My Lords, I will briefly say that, like the noble Lord, Lord Paddick, I agree with most of what many noble Lords have said. The need for accurate immigration data is absolutely fundamental to any discussion on this issue. The noble Baroness, Lady Fox, made this point: one of the things that is important is to distinguish clearly between immigration, asylum and migration. All that gets conflated into one, which is not helpful to the debate or the discussion, and it simply confuses people. It would be interesting to hear from the Minister the Government’s position on data. Irrespective of the debate that we will have about policy, if we are going to build trust, that data basis is essential not only for the public but for us to understand the policy prescriptions that we will debate between ourselves.

This is in line with Amendment 81 of the noble Baroness, Lady Neville-Rolfe: on trust, whatever the rights and wrongs, the decision of the Government to abandon the daily figures for migrants crossing the channel was a disaster in public relations terms, because people knew that the Government were failing on it. It was going up and up, and the Government were making prescription after prescription, in terms of policy, to try to deal with it. In the end, they brought the MoD in, in a confused way where we are still not sure how that is meant to work, and they are going to quarterly figures. What people say to me, and what I think—to be perfectly blunt, although I am not a cynic—is that the Government would not have acted as quickly as that if the numbers were going in the right direction; that is what people think. If people think you hide figures when they are bad, and publish them only when they are good or meet your policy objectives, it is no wonder there is distrust among the public about official statistics.

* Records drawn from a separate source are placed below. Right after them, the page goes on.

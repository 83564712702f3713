-- ===== src/Openai/Encoder.antt =====
-- src/adapters/openai/stream.rs: `OpenAiStreamEncoder`. What `serde_json` prints is a parameter of
-- the lines, and so is the time at which the encoder is made.
pub mod RoundTrip
pub mod Wire
use llmgate.Prelude.{
  ℕ, ◌+◌, ◌%◌, ◌^◌, Option, none, some, List, [], ◌∷◌, ◌++◌, Text, text, is_empty, map,
  if◌then◌else◌,
}
use llmgate.Neutral.{
  Value, NeutralUsage, FinishReason, NeutralStreamEvent, AdapterError, display, as_str,
}
use llmgate.Json.{json, array, number}

pub record Encoder : Type 0 where
  pub id : Text
  pub model : Text
  pub created : ℕ

-- `OpenAiStreamEncoder::new`
abbrev pub new_encoder : ℕ → Encoder
new_encoder created = record { id = []; model = []; created = created }

abbrev pub Entries : Type 0
Entries = List (Text × Value)

abbrev pub unless_empty : Text → Entries → Entries
unless_empty t entries = if is_empty t then [] else entries

-- The object that `chunk` prints; the payload's entries come last.
abbrev pub chunk : Encoder → Entries → Value
chunk e payload = json (
    unless_empty e.id ((text "id", Value.string e.id) ∷ [])
    ++ ((text "object", Value.string (text "chat.completion.chunk"))
        ∷ (text "created", number e.created)
        ∷ (text "model", Value.string e.model)
        ∷ payload))

-- `{ "choices": [{ "index": 0, "delta": …, "finish_reason": … }] }`
abbrev pub choices : Entries → Value → Entries
choices delta finish_reason =
    (
      text "choices",
      array (
          json (
            (text "index", number 0)
            ∷ (text "delta", json delta)
            ∷ (text "finish_reason", finish_reason)
            ∷ [])
          ∷ []),
    )
    ∷ []

-- The call of a tool, without what is empty in it.
abbrev pub call_value : ℕ → Text → Text → Text → Value
call_value index id name arguments = json (
    (text "index", number index)
    ∷ (unless_empty id
          ((text "id", Value.string id) ∷ (text "type", Value.string (text "function")) ∷ [])
        ++ (
          text "function",
          json (
              unless_empty name ((text "name", Value.string name) ∷ [])
              ++ unless_empty arguments ((text "arguments", Value.string arguments) ∷ [])),
        )
          ∷ []))

-- The sum wraps around.
abbrev pub usage_entries : Option NeutralUsage → Entries
usage_entries none = []
usage_entries (some u) =
    (
      text "usage",
      json (
          (text "prompt_tokens", number u.input_tokens)
          ∷ (text "completion_tokens", number u.output_tokens)
          ∷ (text "total_tokens", number ((u.input_tokens + u.output_tokens) % 2 ^ 64))
          ∷ []),
    )
    ∷ []

-- `StreamEncoder::encode`, as the objects that the lines are printed from.
unfoldable pub encode : Encoder → NeutralStreamEvent → List Value × Encoder
encode e (NeutralStreamEvent.message_start id model usage) =
    let e' : Encoder = record e { id = id; model = model } in
    (
      chunk e' (
            choices
              ((text "role", Value.string (text "assistant"))
                ∷ (text "content", Value.string [])
                ∷ [])
              Value.null)
          ∷ [],
      e',
    )
encode e (NeutralStreamEvent.text_delta t) =
    (chunk e (choices ((text "content", Value.string t) ∷ []) Value.null) ∷ [], e)
encode e (NeutralStreamEvent.reasoning_delta t) =
    (chunk e (choices ((text "reasoning_content", Value.string t) ∷ []) Value.null) ∷ [], e)
encode e (NeutralStreamEvent.tool_call_delta index id name arguments) = (
  chunk e (
        choices ((text "tool_calls", array (call_value index id name arguments ∷ [])) ∷ [])
          Value.null)
      ∷ [],
  e,
)
encode e (NeutralStreamEvent.reasoning_signature signature) = ([], e)
encode e (NeutralStreamEvent.message_stop reason usage) =
    (chunk e (choices [] (Value.string (as_str reason)) ++ usage_entries usage) ∷ [], e)
encode e (NeutralStreamEvent.error err) = (
  chunk e ((text "error", json ((text "message", Value.string (display err)) ∷ [])) ∷ []) ∷ [],
  e,
)

-- The lines, with what `serde_json` prints of an object.
module _ (print : Value → Text) where
  abbrev pub line : Value → Text
  line v = text "data: " ++ (print v ++ text "\n\n")

  unfoldable pub encode_lines : Encoder → NeutralStreamEvent → List Text × Encoder
  encode_lines e event = let (values, e') = encode e event in (map line values, e')

-- `StreamEncoder::done`
abbrev pub done : Encoder → Text
done e = text "data: [DONE]\n\n"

The amendments before us are absolutely essential. They ensure that we have data which is accurate, objective, allows us to make decent policy decisions, and is a basis for our debates. Can the Minister say something about what the Government’s policy is on data? Also, what is happening with respect to the migrants crossing the channel? What is the figure today, compared to what it was a couple of weeks ago? When can we expect the next figure? When the Government are seeking to build trust in passing the Bill—controversial in its own right—why on earth have they taken the decision, which is hard to comprehend, to produce figures on a quarterly basis? It simply looks as though they are hiding bad news.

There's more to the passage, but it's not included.